Local, Tom O'Keefe Movie Reviews

Roger Qbert Reviews “The Karate Kid” starring Jaden Smith and Jackie Chan

Posted: June 13, 2010 at 11:13 am   /   by   /   comments (0)

the karate kid 2010 remake poster jaden smith jackie chanThe first question upon entering the remake of The Karate Kid concerns the casting of Jaden Smith (son of Will Smith and Jada Pinkett Smith): can he carry a film or is this merely an extraordinarily high-profile instance of nepotism? Allow me to cut to the chase and say regardless of the motives of those who gave him the role he can, and does, carry the film just fine. Smith plays Dre, a twelve-year old whose single-mother (Taraji P. Henson) has been transferred to China. When he runs afoul of a group of Kung Fu practicing schoolmates, he enlists the aid of his apartment’s superintendent; the reticent, but Kung Fu proficient, Mr.
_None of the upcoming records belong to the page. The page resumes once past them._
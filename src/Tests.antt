-- ===== src/Tests.antt =====
-- The theorems at concrete inputs, and runs of the definitions.
mod Session
mod Grease
mod Hello
mod Reader
mod SessionCache
mod Builder
mod Messages
mod Spec
mod Psk
mod Ciphers
mod HalfConn
mod NonceAead
mod Conn
mod Certificate
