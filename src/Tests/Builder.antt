-- ===== src/Tests/Builder.antt =====
-- A builder of byte strings with the documented behaviour of cryptobyte.Builder.
use utls.Base.{
  ℕ, ◌^◌, ◌≤◌, ◌<◌, ltb, le→ltb, lt→ltb, [], ◌∷◌, ◌++◌, Option, none, some, Bytes, length,
  if◌then◌else◌, ◌≡◌, refl,
}
use utls.Extension.Wire.{u16}
use utls.ClientHello.{u24}
use utls.Session.Psk.{u32}
use utls.Cryptobyte.Builder.{Builder}

abbrev add : Bytes → Option Bytes → Option Bytes
add v none = none
add v (some x) = some (x ++ v)

-- A content that is shorter than `limit`, behind its length.
abbrev prefix : ℕ → (ℕ → Bytes) → Option Bytes → Option Bytes → Option Bytes
prefix limit size none b = none
prefix limit size (some y) b = if ltb (length y) limit then add (size (length y) ++ y) b else none

pub add-prefix :
    (limit : ℕ) (size : ℕ → Bytes) (o b : Option Bytes) (x y : Bytes)
    → b ≡ some x
    → o ≡ some y
    → length y < limit
    → prefix limit size o b ≡ some (x ++ (size (length y) ++ y))
add-prefix limit size o b x y hb ho fits = rw (ho, hb) (rw (lt→ltb (length y) limit fits) refl)

pub add_lem : (v : Bytes) (b : Option Bytes) (x : Bytes) → b ≡ some x → add v b ≡ some (x ++ v)
add_lem v b x h = rw h refl

pub prefix_long :
    (limit : ℕ) (size : ℕ → Bytes) (o b : Option Bytes) (y : Bytes)
    → o ≡ some y
    → limit ≤ length y
    → prefix limit size o b ≡ none
prefix_long limit size o b y ho long = rw ho (rw (le→ltb (length y) limit long) refl)

abbrev pub builder : Builder
builder = record {
  State = Option Bytes;
  empty = some [];
  contents = λ b. b;
  add_uint8 = λ n b. add (n ∷ []) b;
  add_uint16 = λ n b. add (u16 n) b;
  add_uint32 = λ n b. add (u32 n) b;
  add_bytes = add;
  add_uint8_length_prefixed = λ f b. prefix 256 (λ n. n ∷ []) (f (some [])) b;
  add_uint16_length_prefixed = λ f b. prefix 65536 u16 (f (some [])) b;
  add_uint24_length_prefixed = λ f b. prefix (2 ^ 24) u24 (f (some [])) b;
  empty_lem = refl;
  add_uint8_lem = λ n b x small h. add_lem (n ∷ []) b x h;
  add_uint16_lem = λ n b x small h. add_lem (u16 n) b x h;
  add_uint32_lem = λ n b x small h. add_lem (u32 n) b x h;
  add_bytes_lem = add_lem;
  add_uint8_length_prefixed_lem =
      λ f b x y hb hf fits. add-prefix 256 (λ n. n ∷ []) (f (some [])) b x y hb hf fits;
  add_uint16_length_prefixed_lem =
      λ f b x y hb hf fits. add-prefix 65536 u16 (f (some [])) b x y hb hf fits;
  add_uint24_length_prefixed_lem =
      λ f b x y hb hf fits. add-prefix (2 ^ 24) u24 (f (some [])) b x y hb hf fits;
  add_uint24_length_prefixed_long =
      λ f b y hf long. prefix_long (2 ^ 24) u24 (f (some [])) b y hf long;
}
Han (Jackie Chan). It falls to Mr. Han to teach Dre the patience, perseverance and self-discipline required not only to practice the ancient art but to succeed in life.

Smith conveys, often times wordlessly, the frustration and anger of a boy forcibly uprooted and dropped wholesale into a foreign culture. In fact, relocating the proceedings to China is a masterstroke on the part of the filmmakers. While the original film dealt tangentially with the main character’s difficulty with assimilation it was a much smaller hill to climb. By moving the film to another continent they’ve taken the cultural divide from coastal to hemispherical, and in the process they’ve made Dre’s cultural disconnect the audience’s as well. This isn’t the China of travelogues. Instead, this is the workaday world of everyday living: small apartments, crowded streets, cramped public transportation. Dre doesn’t like living here and, even though we know there is much more to this land, it’s easy to see why he feels that way.

Chan is finally allowed to shed the cartoonish cloak he often wears in American films (especially as he ages and can no longer fully play the role of “action star”). By moving the film to China, Chan’s broken English cannot be condescendingly played for laughs as it frequently is. In this world (refreshingly) it’s Dre who is mocked for mangling of the mother tongue. The result being that Chan gives a remarkably restrained performance in what is often a surprisingly quiet, at times almost contemplative, film. This isn’t the sort of glossy, high-octane “reimagining” that Hollywood normally foists on an unsuspecting public. There are no cameos from Ralph Macchio or winking nods (save one small scene in the beginning) to the original. This film, for better or worse, isn’t trying to placate its audience with nostalgia. It sets out, and manages to be, its own film.

However, while the location may have changed, the overarching plot points have not. The film hits pretty much every major beat of the original. The humiliation, the bullying, the training sequences, the final showdown – it’s all here, which can be a bit tiresome for fans of the original. But they have managed to tinker with some finer details. “Wax on/wax off” has been changed to “jacket on/jacket off”. Though thankfully, they’ve managed to preserve the phrase’s pop-culture status as a masturbation joke.

With a running time of two hours and twenty minutes, the film could certainly have been tightened-up. There are scenes that could have easily been cut while others seem to meander to their finish and/or linger too long once they’ve arrive there. However, it’s hard to complain about a film taking its time to establish things such as “character” and “motivation.” This time last year, we were being subjected to the hyper-caffeinated yet yawn-inducing stylings of movies like Transformers: Revenge of the Fallen or Terminator Salvation. By the time the film arrives at its conclusion, the characters have earned any emotion you’ve invested.

On a scale of 1 to 10, with 10 being The (original) Karate Kid and 1 being The Karate Kid: The Animated Series, The Karate Kid gets a 7.